Professor Tutor Renato Sedano Onofri



[1] A este respeito, dispõe o artigo 1267 do Código Civil brasileiro que “a propriedade das coisas não se transfere pelos negócios jurídicos antes da tradição”, deixando claro, com isso, que os negócios jurídicos por si mesmos não irradiam eficácia real. Por sua vez, Código Civil português arrola, no artigo  879º, que a compra e venda tem como efeito essencial “a transmissão da propriedade da coisa ou da titularidade do direito (...)”, evidenciando-se, assim, a aproximação teórica com a doutrina jusracionalista encabeçada por Grotius e Pufendorf e adotada, posteriormente, pelo Código Civil francês de 1804.
[2] Confira-se, dos autores indicados, as seguintes obras: Coelho da Rocha, Manuel António. Instituições de direito civil portuguez, 2 tomos, 3ª ed. Coimbra: Imprensa da Universidade, 1852; Correa Telles, José Homem. Digesto portuguez ou tratado dos direitos e obrigações civis accomodado ás leis e costumes da nação portugueza para servir de subsidio ao novo codigo civil, 3 tomos.

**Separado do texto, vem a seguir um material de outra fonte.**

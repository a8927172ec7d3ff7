-- ===== src/Bootstrap/Grants.antt =====
-- Which lists of grants ExactLeastPrivilegeGrants accepts.
use mathlib.Core.List.{Memᴰ}
use mathlib.Core.List.Memᴰ.{cases_cons}
use mathlib.Core.Logic.{◌↔◌}
use mathlib.Core.Path.{subst}
use Prim.Native.Char.{code}
use text.Mathlib.TextLemmas.{nil-append, cons-append}
use goedge_ip_cert.Ipv4.{codes}
use goedge_ip_cert.Security.Secret.{trim_space}
use goedge_ip_cert.Prelude.{
  ℕ, ◌<>◌, ap, ◌==◌, ◌&&◌, arith, ◌≡◌, refl, sym, ◌∙◌, String, Bool, true, false, ◌⊎◌, inl, inr,
  List, [], ◌∷◌, ◌=s=◌, Bool-cases, eq_iff,
}
use goedge_ip_cert.Bootstrap.{
  Calls, clean_grant, grants_from, exact_grants, is_usage, least_grant, has_upper_prefix, to_upper,
}

map_upper : String → List ℕ
map_upper String.[] = []
map_upper (String.◌∷◌ c s) = to_upper (code c) ∷ map_upper s

-- The text begins with "GRANT USAGE ON *.* TO ", in letters of either case.
pub StartsUsage : String → Type 0
StartsUsage text =
    (front : String) × (rest : String) × (text ≡ front <> rest)
    × (map_upper front ≡ codes "GRANT USAGE ON *.* TO ")

true≢false : true ≡ false → ⊥
true≢false h = cc

heads_and_tails : {m n : ℕ} {xs ys : List ℕ} → m ∷ xs ≡ n ∷ ys → (m ≡ n) × (xs ≡ ys)
heads_and_tails h = (cc, cc)

same_first : (m n : ℕ) (b : Bool) → (m == n && b) ≡ true → (n ≡ m) × (b ≡ true)
same_first m n b h = ground arith

has_upper_prefix-split :
    (p s : String)
    → has_upper_prefix p s ≡ true
    → (front : String) × (rest : String) × (s ≡ front <> rest) × (map_upper front ≡ codes p)
unfolding has_upper_prefix map_upper
has_upper_prefix-split String.[] s h = ("", s, sym (nil-append s), refl)
has_upper_prefix-split (String.◌∷◌ a p) String.[] h = absurd cc
has_upper_prefix-split (String.◌∷◌ a p) (String.◌∷◌ c s) h =
    let e = same_first (code a) (to_upper (code c)) _ h in
    let r = has_upper_prefix-split p s e.1 in
    (
      String.◌∷◌ c (r.0),
      r.1,
      ap (λ x. String.◌∷◌ c x) r.2 ∙ sym (cons-append c (r.0) (r.1)),
      ap (λ x. x ∷ map_upper (r.0)) e.0 ∙ ap (λ x. code a ∷ x) r.3,
    )

split-has_upper_prefix :
    (p front rest : String) → map_upper front ≡ codes p → has_upper_prefix p (front <> rest) ≡ true
unfolding has_upper_prefix map_upper
split-has_upper_prefix String.[] front rest h = refl
split-has_upper_prefix (String.◌∷◌ a p) String.[] rest h = absurd cc
split-has_upper_prefix (String.◌∷◌ a p) (String.◌∷◌ c s) rest h =
    let e = heads_and_tails h in
    rw (cons-append c s rest) (ground (arith, e.0, split-has_upper_prefix p s rest e.1))

is_usage-StartsUsage : (grant : String) → is_usage grant ≡ true → StartsUsage (trim_space grant)
unfolding is_usage StartsUsage
is_usage-StartsUsage grant h = has_upper_prefix-split "GRANT USAGE ON *.* TO " (trim_space grant) h

StartsUsage-is_usage : (grant : String) → StartsUsage (trim_space grant) → is_usage grant ≡ true
unfolding is_usage StartsUsage
StartsUsage-is_usage grant (front, rest, e, h) =
    rw e (split-has_upper_prefix "GRANT USAGE ON *.* TO " front rest h)

no_usage : (grant : String) → (StartsUsage (trim_space grant) → ⊥) → is_usage grant ≡ false
no_usage grant h = elim (Bool-cases (is_usage grant)) [
  | inl e ↦ absurd (h (is_usage-StartsUsage grant e))
  | inr e ↦ e
]

module _ {X : Type 0} (calls : Calls X) (database : String) where
  -- The right to read, insert and delete in the challenge table, and no line that begins with USAGE.
  pub IsGranted : String → Type 0
  IsGranted grant =
      (StartsUsage (trim_space (clean_grant calls grant)) → ⊥)
      × (clean_grant calls grant
          ≡ "GRANT SELECT, INSERT, DELETE ON `" <> database
            <> "`.`edgeACMEAuthentications` TO 'goedge_ip_cert'@'127.0.0.1'")

  pub IsAllowed : String → Type 0
  IsAllowed grant = StartsUsage (trim_space (clean_grant calls grant)) ⊎ IsGranted grant

  pub AllAllowed : List String → Type 0
  AllAllowed grants = (grant : String) → Memᴰ grant grants → IsAllowed grant

  pub SomeGranted : List String → Type 0
  SomeGranted grants = (grant : String) × Memᴰ grant grants × IsGranted grant

  AllAllowed-cons :
      (g : String) (gs : List String) → IsAllowed g → AllAllowed gs → AllAllowed (g ∷ gs)
  unfolding AllAllowed
  AllAllowed-cons g gs one all grant m = elim (cases_cons m) [
    | inl e ↦ subst IsAllowed (sym e) one
    | inr t ↦ all grant t
  ]

  grants_from-usage :
      (found : Bool) (g : String) (gs : List String)
      → is_usage (clean_grant calls g) ≡ true
      → grants_from calls found (g ∷ gs) database ≡ grants_from calls found gs database
  unfolding grants_from
  grants_from-usage found g gs h = rw h refl

  grants_from-granted :
      (found : Bool) (g : String) (gs : List String)
      → IsGranted g
      → grants_from calls found (g ∷ gs) database ≡ grants_from calls true gs database
  unfolding grants_from IsGranted least_grant
  grants_from-granted found g gs h =
      rw
        (
          no_usage (clean_grant calls g) h.0,
          (eq_iff (clean_grant calls g) (least_grant database)).1 h.1,
        )
        refl

  grants_from-cases :
      (found : Bool) (g : String) (gs : List String)
      → IsAllowed g ⊎ (grants_from calls found (g ∷ gs) database ≡ false)
  unfolding grants_from IsAllowed IsGranted least_grant
  grants_from-cases found g gs = elim (Bool-cases (is_usage (clean_grant calls g))) [
    | inl e ↦ inl (inl (is_usage-StartsUsage (clean_grant calls g) e))
    | inr u ↦ elim (Bool-cases (clean_grant calls g =s= least_grant database)) [
      | inl e ↦ inl (
          inr (
            λ s. true≢false (sym (StartsUsage-is_usage (clean_grant calls g) s) ∙ u),
            (eq_iff (clean_grant calls g) (least_grant database)).0 e,
          ))
      | inr e ↦ inr (rw (u, e) refl)
    ]
  ]

  Accepted : Bool → List String → Type 0
  Accepted found grants = AllAllowed grants × ((found ≡ true) ⊎ SomeGranted grants)

  grants_from-Accepted :
      (found : Bool) (grants : List String)
      → grants_from calls found grants database ≡ true
      → Accepted found grants
  unfolding grants_from Accepted AllAllowed IsAllowed SomeGranted
  grants_from-Accepted found [] h = (λ g m. elim m [ ], inl h)
  grants_from-Accepted found (g ∷ gs) h = elim (grants_from-cases found g gs) [
    | inr e ↦ absurd cc
    | inl (inl u) ↦
        let r =
          grants_from-Accepted found gs (
            sym (grants_from-usage found g gs (StartsUsage-is_usage (clean_grant calls g) u))
            ∙ h) in
        (
          AllAllowed-cons g gs (inl u) r.0,
          elim r.1 [ inl e ↦ inl e | inr (x, m, p) ↦ inr (x, Memᴰ.tail m, p) ],
        )
    | inl (inr p) ↦
        let r = grants_from-Accepted true gs (sym (grants_from-granted found g gs p) ∙ h) in
        (AllAllowed-cons g gs (inr p) r.0, inr (g, Memᴰ.head refl, p))
  ]

  Granted_uncons :
      (g : String) (gs : List String)
      → StartsUsage (trim_space (clean_grant calls g))
      → SomeGranted (g ∷ gs)
      → SomeGranted gs
  unfolding SomeGranted IsGranted
  Granted_uncons g gs u (x, m, p) = elim (cases_cons m) [
    | inl e ↦ absurd (p.0 (subst (λ y. StartsUsage (trim_space (clean_grant calls y))) (sym e) u))
    | inr t ↦ (x, t, p)
  ]

  Accepted-grants_from :
      (found : Bool) (grants : List String)
      → AllAllowed grants
      → (found ≡ true) ⊎ SomeGranted grants
      → grants_from calls found grants database ≡ true
  unfolding grants_from SomeGranted AllAllowed IsAllowed
  Accepted-grants_from found [] all (inl e) = e
  Accepted-grants_from found [] all (inr (x, m, p)) = elim m [ ]
  Accepted-grants_from found (g ∷ gs) all h = elim (all g (Memᴰ.head refl)) [
    | inl u ↦
        grants_from-usage found g gs (StartsUsage-is_usage (clean_grant calls g) u)
        ∙ Accepted-grants_from found gs (λ x m. all x (Memᴰ.tail m))
            (elim h [ inl e ↦ inl e | inr s ↦ inr (Granted_uncons g gs u s) ])
    | inr p ↦
        grants_from-granted found g gs p
        ∙ Accepted-grants_from true gs (λ x m. all x (Memᴰ.tail m)) (inl refl)
  ]

  -- ExactLeastPrivilegeGrants accepts the lines of SHOW GRANTS exactly when each of them, without
  -- its password, begins with GRANT USAGE ON *.* TO, in letters of either case and with anything after
  -- it, or is the grant of SELECT, INSERT and DELETE on the challenge table, and one of them is the latter.
  pub exact_grants_lem :
      (grants : List String)
      → (exact_grants calls grants database ≡ true) ↔ (AllAllowed grants × SomeGranted grants)
  unfolding exact_grants Accepted
  exact_grants_lem grants = (
    λ h.
        let r = grants_from-Accepted false grants h in
        (r.0, elim r.1 [ inl e ↦ absurd cc | inr s ↦ s ]),
    λ h. Accepted-grants_from false grants h.0 (inr h.1),
  )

Coimbra: Imprensa da Universidade, 1835; Correa Telles, José Homem . Doutrina das acções. Rio de Janeiro: Jacintho Ribeiro dos Santos, 1918; Correa Telles, José Homem. Manual do tabellião. Lisboa: Imprensa Nacional, 1842; Liz Teixeira, Antonio Ribeiro. Curso de direito civil portuguez para o anno lectivo de 1843-1844 ou commentario às Instituições do Sr. Paschoal José de Mello Freire sobre o mesmo direito, tomo II. Coimbra: Imprensa da Universidade, 1845; Melo Freire, Pascoal José de. Instituições de direito civil português (trad. port. Meneses, Miguel Pinto de). Lisboa: Boletim do Ministério da Justiça, 1966. Disponível em < http://www.iuslusitaniae.fcsh.unl.pt/verobra.php?id_obra=76>, último acesso 31/05/2014.
[3] Braga da Cruz, Guilherme. A formação histórica do moderno direito privado português e brasileiro, in Revista da Faculdade de Direito da Universidade de São Paulo, vol. 50, 1955, pág. 70-71.
[4] Ferreira, José Dias. Codigo civil portuguez annotado, vol. II. Lisboa: Imprensa Nacional, 1871, pág. 221.